**Assigned task**
Everything from the first line of the records below through the line containing "shift i n = omega arith" is to be retyped exactly; leave out the rest.

--- Task input ---

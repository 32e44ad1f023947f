-- ===== src/FastCdc/Scan.antt =====
-- The loop of `decode`: where it stops, and that it can be interrupted and taken up again.
use native_link.Base.{
  ℕ, suc, ◌+◌, ◌≤◌, ◌<◌, ◌≢◌, false, List, [], ◌∷◌, ◌++◌, ◌≡◌, refl, ◌∙◌, ap, arith, inl, inr, ◌⊎◌,
  Bool-cases, length,
}
use native_link.FastCdc.{FastCdc, roll, is_boundary, scan}

shift : (i n : ℕ) → suc i + n ≡ i + suc n
shift i n = omega arith

module _ (c : FastCdc) where
  is_boundary-ne-max : (hash i : ℕ) → is_boundary c hash i ≡ false → i < c.max_size
  unfolding is_boundary
  is_boundary-ne-max hash i h = ground arith

  -- The loop finds nothing, and has not come past the largest size, or stops at an index that it has
  -- looked at, at the latest at the largest size.
  pub scan_cases :
      (hash i : ℕ) (bytes : List ℕ)
      → i ≤ c.max_size
      → (((scan c hash i bytes).1 ≡ 0) × (i + length bytes ≤ c.max_size))
        ⊎ ((i ≤ (scan c hash i bytes).1)
            × ((scan c hash i bytes).1 < i + length bytes)
            × ((scan c hash i bytes).1 ≤ c.max_size))
  unfolding scan
  scan_cases hash i [] m = inl (refl, omega arith)
  scan_cases hash i (b ∷ bs) m = elim (Bool-cases (is_boundary c (roll hash b) i)) [
    | inl y ↦ inr (rw y (omega arith, omega arith, m))
    | inr n ↦
        let lt = is_boundary-ne-max (roll hash b) i n in
        rw n (ground (arith, scan_cases (roll hash b) (suc i) bs (omega arith)))
  ]

  pub scan-append :
      (hash i : ℕ) (xs ys : List ℕ)
      → 0 < i
      → (((scan c hash i xs).1 ≢ 0) × (scan c hash i (xs ++ ys) ≡ scan c hash i xs))
        ⊎ (((scan c hash i xs).1 ≡ 0)
            × (scan c hash i (xs ++ ys) ≡ scan c (scan c hash i xs).0 (i + length xs) ys))
  unfolding scan
  scan-append hash i [] ys h = inr (refl, ap (λ k. scan c hash k ys) (omega arith))
  scan-append hash i (b ∷ bs) ys h = elim (Bool-cases (is_boundary c (roll hash b) i)) [
    | inl y ↦ rw y (inl (omega arith, refl))
    | inr n ↦ rw n (elim (scan-append (roll hash b) (suc i) bs ys (omega arith)) [
      | inl (f, e) ↦ inl (f, e)
      | inr (z, e) ↦
          inr
            (z, e ∙ ap (λ k. scan c (scan c (roll hash b) (suc i) bs).0 k ys) (shift i (length bs)))
    ])
  ]
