-- ===== src/FastCdc/Frames.antt =====
-- One call of `decode`: a decoder that was interrupted anywhere finds the frame that a new one finds
-- in the whole buffer.
use native_link.Base.{
  ℕ, zero, suc, ◌+◌, ◌≤◌, ◌<◌, true, false, none, some, List, [], ◌∷◌, ◌++◌, ◌≡◌, refl, sym, ◌∙◌,
  ap, arith, inl, inr, ◌⊎◌, length, take, drop, take-append-drop, length-take, length-drop,
  take_all, drop_all, drop-append_le, leb, ◌==◌, if◌then◌else◌,
}
use Prim.Native.Nat.{max}
use native.Mathlib.Decide.{dec_le}
use native_link.FastCdc.{FastCdc, roll, is_boundary, scan, decode}
use native_link.FastCdc.Scan.{scan_cases, scan-append}

-- The sizes that a decoder needs: `new` asserts the second, and the first is left to the caller.
pub record Sized (c : FastCdc) : Type 0 where
  pub positive : 0 < c.min_size
  pub ordered : c.min_size < c.max_size

-- The decoder `c` at some place.
abbrev pub at : FastCdc → ℕ → ℕ → FastCdc
at c h p = record c { hash = h; position = p }

-- What a new decoder finds in a buffer: a split point, or zero.
unfoldable pub cut : FastCdc → List ℕ → ℕ
unfolding scan
cut c buf = (scan c 0 c.min_size (drop c.min_size buf)).1

-- The place is one at which a new decoder has found nothing yet.
pub record Resumes (c : FastCdc) (h p : ℕ) (buf : List ℕ) : Type 0 where
  pub reached : p ≤ length buf
  pub within : p ≤ c.max_size
  pub so_far : scan c 0 c.min_size (drop c.min_size (take (max p c.min_size) buf)) ≡ (h, 0)

scan-at :
    (c : FastCdc) (h p hash i : ℕ) (bytes : List ℕ)
    → scan (at c h p) hash i bytes ≡ scan c hash i bytes
unfolding scan is_boundary
scan-at c h p hash i [] = refl
scan-at c h p hash i (b ∷ bs) = rw (scan-at c h p (roll hash b) (suc i) bs) refl

pub drop-take_self : (n : ℕ) (xs : List ℕ) → drop n (take n xs) ≡ []
drop-take_self zero xs = refl
drop-take_self (suc n) [] = refl
drop-take_self (suc n) (x ∷ xs) = drop-take_self n xs

drop_split :
    (n m : ℕ) (xs : List ℕ) → n ≤ m → m ≤ length xs → drop n xs ≡ drop n (take m xs) ++ drop m xs
drop_split n m xs h l =
    ap (drop n) (sym (take-append-drop m xs))
    ∙ drop-append_le n (take m xs) (drop m xs) (omega (arith, length-take m xs))

pub max_zero : (n : ℕ) → max 0 n ≡ n
max_zero n = omega arith

pub fresh-Resumes : (c : FastCdc) (buf : List ℕ) → Resumes c 0 0 buf
unfolding scan
fresh-Resumes c buf = record {
  reached = omega arith;
  within = omega arith;
  so_far =
      ap (λ xs. scan c 0 c.min_size xs)
        (ap (λ k. drop c.min_size (take k buf)) (max_zero c.min_size)
          ∙ drop-take_self c.min_size buf);
}

module _ (c : FastCdc) (h p : ℕ) (buf : List ℕ) (s : Sized c) (r : Resumes c h p buf) where
  abbrev start : ℕ
  start = max p c.min_size

  abbrev before : List ℕ
  before = drop c.min_size (take start buf)

  before-length : c.min_size < length buf → c.min_size + length before ≡ start
  before-length long =
      omega (arith, r.reached, length-take start buf, length-drop c.min_size (take start buf))

  resumed :
      c.min_size < length buf
      → scan (at c h p) h start (drop start buf) ≡ scan c 0 c.min_size (drop c.min_size buf)
  resumed long =
      let whole : drop c.min_size buf ≡ before ++ drop start buf =
        drop_split c.min_size start buf (omega arith) (omega (arith, r.reached)) in
      let stop = ap (λ x. x.1) r.so_far in
      scan-at c h p h start (drop start buf)
      ∙ (elim (scan-append c 0 c.min_size before (drop start buf) s.positive) [
        | inl (found, e) ↦ absurd (found stop)
        | inr (z, e) ↦ sym (
            ap (λ xs. scan c 0 c.min_size xs) whole
            ∙ (e
                ∙ (ap (λ x. scan c x.0 (c.min_size + length before) (drop start buf)) r.so_far
                    ∙ ap (λ k. scan c h k (drop start buf)) (before-length long))))
      ])

  abbrev result : ℕ × ℕ
  result = scan c 0 c.min_size (drop c.min_size buf)

  -- What `decode` returns, by the length of the buffer and by what a new decoder finds.
  decode-short :
      length buf ≤ c.min_size
      → decode (at c h p) buf ≡ record { state = at c h p; buf = buf; frame = none }
  unfolding decode
  decode-short small = ground arith

  decode-long :
      c.min_size < length buf
      → decode (at c h p) buf ≡ (
          if leb c.min_size result.1
          then record {
            state = at c 0 0;
            buf = drop result.1 buf;
            frame = some (take result.1 buf);
          }
          else record {
            state = at c result.0 (if result.1 == 0 then length buf else result.1);
            buf = buf;
            frame = none;
          })
  unfolding decode
  decode-long long =
      let test : leb (length buf) c.min_size ≡ false = ground arith in rw (resumed long, test)

  -- `decode` gives the frame that `cut` says, and otherwise keeps its place.
  pub decode_cases :
      ((h' p' : ℕ) × (decode (at c h p) buf
          ≡ record { state = at c h' p'; buf = buf; frame = none })
        × Resumes c h' p' buf
        × (cut c buf ≡ 0)
        × (length buf ≤ c.max_size))
      ⊎ ((decode (at c h p) buf ≡ record {
        state = at c 0 0;
        buf = drop (cut c buf) buf;
        frame = some (take (cut c buf) buf);
      })
          × (c.min_size ≤ cut c buf)
          × (cut c buf ≤ c.max_size)
          × (cut c buf < length buf))
  unfolding cut scan
  decode_cases = elim (dec_le (length buf) c.min_size) [
    | yes small ↦ inl (
      h,
      p,
      decode-short small,
      r,
      ap (λ xs. (scan c 0 c.min_size xs).1) (drop_all c.min_size buf small),
      omega (arith, s.ordered),
    )
    | no n ↦
        let long : c.min_size < length buf = omega arith in
        let rest = length-drop c.min_size buf in
        elim (scan_cases c 0 c.min_size (drop c.min_size buf) (omega (arith, s.ordered))) [
          | inl (z, m) ↦
              let short : length buf ≤ c.max_size = omega (arith, rest, m) in
              let t1 : leb c.min_size result.1 ≡ false = ground (arith, s.positive) in
              let t2 : (result.1 == 0) ≡ true = ground arith in
              inl (
                result.0,
                length buf,
                decode-long long ∙ rw (t1, t2),
                record {
                  reached = omega arith;
                  within = short;
                  so_far =
                      ap (λ xs. scan c 0 c.min_size (drop c.min_size xs))
                        (take_all (max (length buf) c.min_size) buf (omega arith))
                      ∙ ap (λ k. (result.0, k)) z;
                },
                z,
                short,
              )
          | inr (lo, hi, m) ↦
              let t1 : leb c.min_size result.1 ≡ true = ground arith in
              inr (decode-long long ∙ rw t1, lo, m, omega (arith, rest, hi))
        ]
  ]
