-- ===== src/FastCdc/Chunks.antt =====
-- A text as frames: one after another by `cut`, which `decode` takes off a buffer, until no split
-- point is left.
use native_link.Base.{
  concat, ℕ, zero, suc, ◌≤◌, ◌<◌, ◌≢◌, List, [], ◌∷◌, ◌++◌, ◌≡◌, refl, sym, ◌∙◌, ap, subst, arith,
  inl, inr, ◌⊎◌, length, take, drop, take-append-drop, length-take, length-drop, drop-append_le,
  append-nil, ◌==◌, if◌then◌else◌,
}
use native_link.FastCdc.{FastCdc, scan}
use native_link.FastCdc.Scan.{scan-append}
use native_link.FastCdc.Frames.{Sized, cut, fresh-Resumes, decode_cases}

-- The frames of a whole text: one after another by `cut`, the last one what is left.
unfoldable pub chunks : ℕ → FastCdc → List ℕ → List (List ℕ)
chunks zero c buf = []
chunks (suc n) c [] = []
chunks (suc n) c (b ∷ bs) =
    let rest = chunks n c (drop (cut c (b ∷ bs)) (b ∷ bs)) in
    if cut c (b ∷ bs) == 0 then (b ∷ bs) ∷ [] else take (cut c (b ∷ bs)) (b ∷ bs) ∷ rest

-- The sizes of the frames of a text: at least the smallest but for the last, at most the largest.
abbrev pub Bounded : FastCdc → List (List ℕ) → Type 0
Bounded c [] = Unit
Bounded c (f ∷ []) = (0 < length f) × (length f ≤ c.max_size)
Bounded c (f ∷ g ∷ fs) = (c.min_size ≤ length f) × (length f ≤ c.max_size) × Bounded c (g ∷ fs)

module _ (c : FastCdc) (s : Sized c) where
  pub cut_bounds :
      (buf : List ℕ)
      → ((cut c buf ≡ 0) × (length buf ≤ c.max_size))
        ⊎ ((c.min_size ≤ cut c buf) × (cut c buf ≤ c.max_size) × (cut c buf < length buf))
  cut_bounds buf = elim (decode_cases c 0 0 buf s (fresh-Resumes c buf)) [
    | inl (h, p, e, r, z, m) ↦ inl (z, m)
    | inr (e, lo, hi, l) ↦ inr (lo, hi, l)
  ]

  -- More bytes do not move a split point.
  pub cut-ne-zero :
      (buf : List ℕ) → cut c buf ≢ 0 → (c.min_size ≤ cut c buf) × (cut c buf < length buf)
  cut-ne-zero buf n = elim (cut_bounds buf) [
    | inl (z, m) ↦ absurd (n z)
    | inr (lo, hi, l) ↦ (lo, l)
  ]

  pub cut-append : (buf piece : List ℕ) → cut c buf ≢ 0 → cut c (buf ++ piece) ≡ cut c buf
  unfolding cut
  cut-append buf piece n =
      let (lo, hi) = cut-ne-zero buf n in
      ap (λ xs. (scan c 0 c.min_size xs).1) (drop-append_le c.min_size buf piece (omega arith))
      ∙ (elim (scan-append c 0 c.min_size (drop c.min_size buf) piece s.positive) [
        | inl (f, e) ↦ ap (λ x. x.1) e
        | inr (z, e) ↦ absurd (n z)
      ])

  pub chunks_nil : (n : ℕ) → chunks n c [] ≡ []
  unfolding chunks
  chunks_nil zero = refl
  chunks_nil (suc n) = refl

  pub chunks-cut :
      (n : ℕ) (buf : List ℕ)
      → cut c buf ≢ 0
      → chunks (suc n) c buf ≡ take (cut c buf) buf ∷ chunks n c (drop (cut c buf) buf)
  unfolding chunks
  chunks-cut n [] z = absurd (omega (arith, cut-ne-zero [] z))
  chunks-cut n (b ∷ bs) z = ground arith

  pub chunks_last :
      (n : ℕ) (b : ℕ) (bs : List ℕ) → cut c (b ∷ bs) ≡ 0 → chunks (suc n) c (b ∷ bs) ≡ (b ∷ bs) ∷ []
  unfolding chunks
  chunks_last n b bs z = ground arith

  -- The bytes of a text are those of its frames, in order.
  pub concat-chunks : (n : ℕ) (buf : List ℕ) → length buf < n → concat (chunks n c buf) ≡ buf
  concat-chunks zero buf h = absurd (omega arith)
  concat-chunks (suc n) [] h = ap concat (chunks_nil (suc n))
  concat-chunks (suc n) (b ∷ bs) h = elim (cut_bounds (b ∷ bs)) [
    | inl (z, m) ↦ ap concat (chunks_last n b bs z) ∙ append-nil (b ∷ bs)
    | inr (lo, hi, l) ↦
        ap concat (chunks-cut n (b ∷ bs) (λ z. omega (arith, s.positive)))
        ∙ (ap (λ xs. take (cut c (b ∷ bs)) (b ∷ bs) ++ xs)
              (concat-chunks n (drop (cut c (b ∷ bs)) (b ∷ bs))
                (omega (arith, s.positive, length-drop (cut c (b ∷ bs)) (b ∷ bs))))
            ∙ take-append-drop (cut c (b ∷ bs)) (b ∷ bs))
  ]

  Bounded-cons :
      (f : List ℕ) (fs : List (List ℕ))
      → c.min_size ≤ length f
      → length f ≤ c.max_size
      → Bounded c fs
      → Bounded c (f ∷ fs)
  Bounded-cons f [] lo hi b = (omega (arith, s.positive), hi)
  Bounded-cons f (g ∷ fs) lo hi b = (lo, hi, b)

  pub chunks-Bounded : (n : ℕ) (buf : List ℕ) → Bounded c (chunks n c buf)
  chunks-Bounded zero buf = unfold chunks in tt
  chunks-Bounded (suc n) [] = subst (Bounded c) (sym (chunks_nil (suc n))) tt
  chunks-Bounded (suc n) (b ∷ bs) = elim (cut_bounds (b ∷ bs)) [
    | inl (z, m) ↦ subst (Bounded c) (sym (chunks_last n b bs z)) (omega arith, m)
    | inr (lo, hi, l) ↦
        let k = length-take (cut c (b ∷ bs)) (b ∷ bs) (omega arith) in
        subst (Bounded c) (sym (chunks-cut n (b ∷ bs) (λ z. omega (arith, s.positive)))) (
          Bounded-cons (take (cut c (b ∷ bs)) (b ∷ bs))
            (chunks n c (drop (cut c (b ∷ bs)) (b ∷ bs))) (omega arith) (omega arith)
            (chunks-Bounded n (drop (cut c (b ∷ bs)) (b ∷ bs))))
  ]

  pub chunks_fuel :
      (n m : ℕ) (buf : List ℕ) → length buf < n → length buf < m → chunks n c buf ≡ chunks m c buf
  chunks_fuel zero m buf l k = absurd (omega arith)
  chunks_fuel (suc n) zero buf l k = absurd (omega arith)
  chunks_fuel (suc n) (suc m) [] l k = chunks_nil (suc n) ∙ sym (chunks_nil (suc m))
  chunks_fuel (suc n) (suc m) (b ∷ bs) l k = elim (cut_bounds (b ∷ bs)) [
    | inl (z, h) ↦ chunks_last n b bs z ∙ sym (chunks_last m b bs z)
    | inr (lo, hi, h) ↦
        let z : cut c (b ∷ bs) ≢ 0 = λ z. omega (arith, s.positive) in
        let d = length-drop (cut c (b ∷ bs)) (b ∷ bs) in
        chunks-cut n (b ∷ bs) z
        ∙ (ap (λ gs. take (cut c (b ∷ bs)) (b ∷ bs) ∷ gs)
              (chunks_fuel n m (drop (cut c (b ∷ bs)) (b ∷ bs)) (omega (arith, s.positive))
                (omega (arith, s.positive)))
            ∙ sym (chunks-cut m (b ∷ bs) z))
  ]
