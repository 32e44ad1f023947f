-- ===== src/FastCdc/Arrivals.antt =====
-- The stream while bytes arrive: they come in pieces, and `decode` is called at any time.
use native_link.Base.{
  ℕ, zero, suc, ◌≤◌, ◌<◌, ◌≢◌, Option, none, some, List, [], ◌∷◌, ◌++◌, ◌≡◌, refl, sym, ◌∙◌, ap,
  subst, arith, inl, inr, length, length-append, take, drop, length-drop, drop-append_le,
  take-append_le, append-nil,
}
use native.Mathlib.Decide.{dec_le}
use Prim.Native.Nat.{max}
use native_link.FastCdc.{FastCdc, scan, Decoded, decode}
use native_link.FastCdc.Frames.{
  Sized, at, cut, Resumes, fresh-Resumes, decode_cases, drop-take_self,
}
use native_link.FastCdc.Chunks.{chunks, cut-ne-zero, cut-append, chunks-cut, chunks_fuel}

abbrev pub frames_of : Option (List ℕ) → List (List ℕ)
frames_of none = []
frames_of (some f) = f ∷ []

-- The bytes that have arrived, the frames that `decode` has given, the decoder and its buffer.
pub data Session (c : FastCdc) : List ℕ → List (List ℕ) → FastCdc → List ℕ → Type 0 where
  opened : Session c [] [] (at c 0 0) []
  arrives :
      {fed : List ℕ} {fs : List (List ℕ)} {d : FastCdc} {buf : List ℕ} (piece : List ℕ)
      → Session c fed fs d buf
      → Session c (fed ++ piece) fs d (buf ++ piece)
  decodes :
      {fed : List ℕ} {fs : List (List ℕ)} {d : FastCdc} {buf : List ℕ} (r : Decoded)
      → Session c fed fs d buf
      → decode d buf ≡ r
      → Session c fed (fs ++ frames_of r.frame) r.state r.buf

-- Frames that a text begins with.
abbrev pub Splits : FastCdc → List ℕ → List (List ℕ) → List ℕ → Type 0
Splits c fed [] buf = fed ≡ buf
Splits c fed (f ∷ fs) buf =
    (cut c fed ≢ 0) × (f ≡ take (cut c fed) fed) × Splits c (drop (cut c fed) fed) fs buf

module _ (c : FastCdc) (s : Sized c) where
  Resumes-append : (h p : ℕ) (buf piece : List ℕ) → Resumes c h p buf → Resumes c h p (buf ++ piece)
  unfolding scan
  Resumes-append h p buf piece r = elim (dec_le (max p c.min_size) (length buf)) [
    | yes l ↦ record {
      reached = omega (arith, r.reached, length-append buf piece);
      within = r.within;
      so_far =
          ap (λ xs. scan c 0 c.min_size (drop c.min_size xs))
            (take-append_le (max p c.min_size) buf piece l)
          ∙ r.so_far;
    }
    | no n ↦
        let at_min : max p c.min_size ≡ c.min_size = omega (arith, r.reached) in
        let nothing = λ (xs : List ℕ).
          ap (λ k. scan c 0 c.min_size (drop c.min_size (take k xs))) at_min
          ∙ ap (λ ys. scan c 0 c.min_size ys) (drop-take_self c.min_size xs) in
        record {
          reached = omega (arith, r.reached, length-append buf piece);
          within = r.within;
          so_far = nothing (buf ++ piece) ∙ (sym (nothing buf) ∙ r.so_far);
        }
  ]

  Splits-append :
      (fs : List (List ℕ)) (fed buf piece : List ℕ)
      → Splits c fed fs buf
      → Splits c (fed ++ piece) fs (buf ++ piece)
  Splits-append [] fed buf piece e = ap (λ xs. xs ++ piece) e
  Splits-append (f ∷ fs) fed buf piece (n, e, rest) =
      let (lo, hi) = cut-ne-zero c s fed n in
      let same = cut-append c s fed piece n in
      let le : cut c fed ≤ length fed = omega arith in
      (
        λ z. n (sym same ∙ z),
        e
            ∙ (sym (take-append_le (cut c fed) fed piece le)
                ∙ ap (λ k. take k (fed ++ piece)) (sym same)),
        subst (λ xs. Splits c xs fs (buf ++ piece))
            (sym (drop-append_le (cut c fed) fed piece le)
              ∙ ap (λ k. drop k (fed ++ piece)) (sym same))
            (Splits-append fs (drop (cut c fed) fed) buf piece rest),
      )

  Splits-snoc :
      (fs : List (List ℕ)) (fed buf : List ℕ)
      → Splits c fed fs buf
      → cut c buf ≢ 0
      → Splits c fed (fs ++ take (cut c buf) buf ∷ []) (drop (cut c buf) buf)
  Splits-snoc [] fed buf e n = (
    (λ z. n (ap (cut c) (sym e) ∙ z)),
    ap (λ xs. take (cut c xs) xs) (sym e),
    ap (λ xs. drop (cut c xs) xs) e,
  )
  Splits-snoc (f ∷ fs) fed buf (m, e, rest) n =
      (m, e, Splits-snoc fs (drop (cut c fed) fed) buf rest n)

  abbrev After : List ℕ → List (List ℕ) → Decoded → Type 0
  After fed fs r =
      (h p : ℕ) × (r.state ≡ at c h p)
      × Resumes c h p r.buf
      × Splits c fed (fs ++ frames_of r.frame) r.buf

  pub Session-Splits :
      {fed : List ℕ} {fs : List (List ℕ)} {d : FastCdc} {buf : List ℕ}
      → Session c fed fs d buf
      → (h p : ℕ) × (d ≡ at c h p) × Resumes c h p buf × Splits c fed fs buf
  Session-Splits opened = (0, 0, refl, fresh-Resumes c [], refl)
  Session-Splits (arrives {fed} {fs} {d} {buf} piece w) =
      let (h, p, e, r, sp) = Session-Splits w in
      (h, p, e, Resumes-append h p buf piece r, Splits-append fs fed buf piece sp)
  Session-Splits (decodes {fed} {fs} {d} {buf} res w eq) =
      let (h, p, e, r, sp) = Session-Splits w in
      elim (decode_cases c h p buf s r) [
        | inl (h', p', g, r', z, m) ↦
            subst (After fed fs) (sym (sym eq ∙ (ap (λ x. decode x buf) e ∙ g)))
              (h', p', refl, r', subst (λ gs. Splits c fed gs buf) (sym (append-nil fs)) sp)
        | inr (g, lo, hi, l) ↦
            subst (After fed fs) (sym (sym eq ∙ (ap (λ x. decode x buf) e ∙ g))) (
              0,
              0,
              refl,
              fresh-Resumes c (drop (cut c buf) buf),
              Splits-snoc fs fed buf sp (λ z. omega (arith, s.positive)),
            )
      ]

  pub Splits-chunks :
      (fs : List (List ℕ)) (fed buf : List ℕ) (n m : ℕ)
      → Splits c fed fs buf
      → length fed < n
      → length buf < m
      → chunks n c fed ≡ fs ++ chunks m c buf
  Splits-chunks [] fed buf n m e l k =
      ap (chunks n c) e ∙ chunks_fuel c s n m buf (omega (arith, ap length e)) k
  Splits-chunks (f ∷ fs) fed buf zero m (z, e, rest) l k = absurd (omega arith)
  Splits-chunks (f ∷ fs) fed buf (suc n) m (z, e, rest) l k =
      let (lo, hi) = cut-ne-zero c s fed z in
      chunks-cut c s n fed z
      ∙ (ap (λ g. g ∷ chunks n c (drop (cut c fed) fed)) (sym e)
          ∙ ap (λ gs. f ∷ gs)
              (Splits-chunks fs (drop (cut c fed) fed) buf n m rest
                (omega (arith, s.positive, length-drop (cut c fed) fed)) k))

---

**Exercise solution**
repository 32e44ad1f023947f
-- ===== src/FastCdc/Scan.antt =====
-- The loop of `decode`: where it stops, and that it can be interrupted and taken up again.
use native_link.Base.{
  ℕ, suc, ◌+◌, ◌≤◌, ◌<◌, ◌≢◌, false, List, [], ◌∷◌, ◌++◌, ◌≡◌, refl, ◌∙◌, ap, arith, inl, inr, ◌⊎◌,
  Bool-cases, length,
}
use native_link.FastCdc.{FastCdc, roll, is_boundary, scan}

shift : (i n : ℕ) → suc i + n ≡ i + suc n
shift i n = omega arith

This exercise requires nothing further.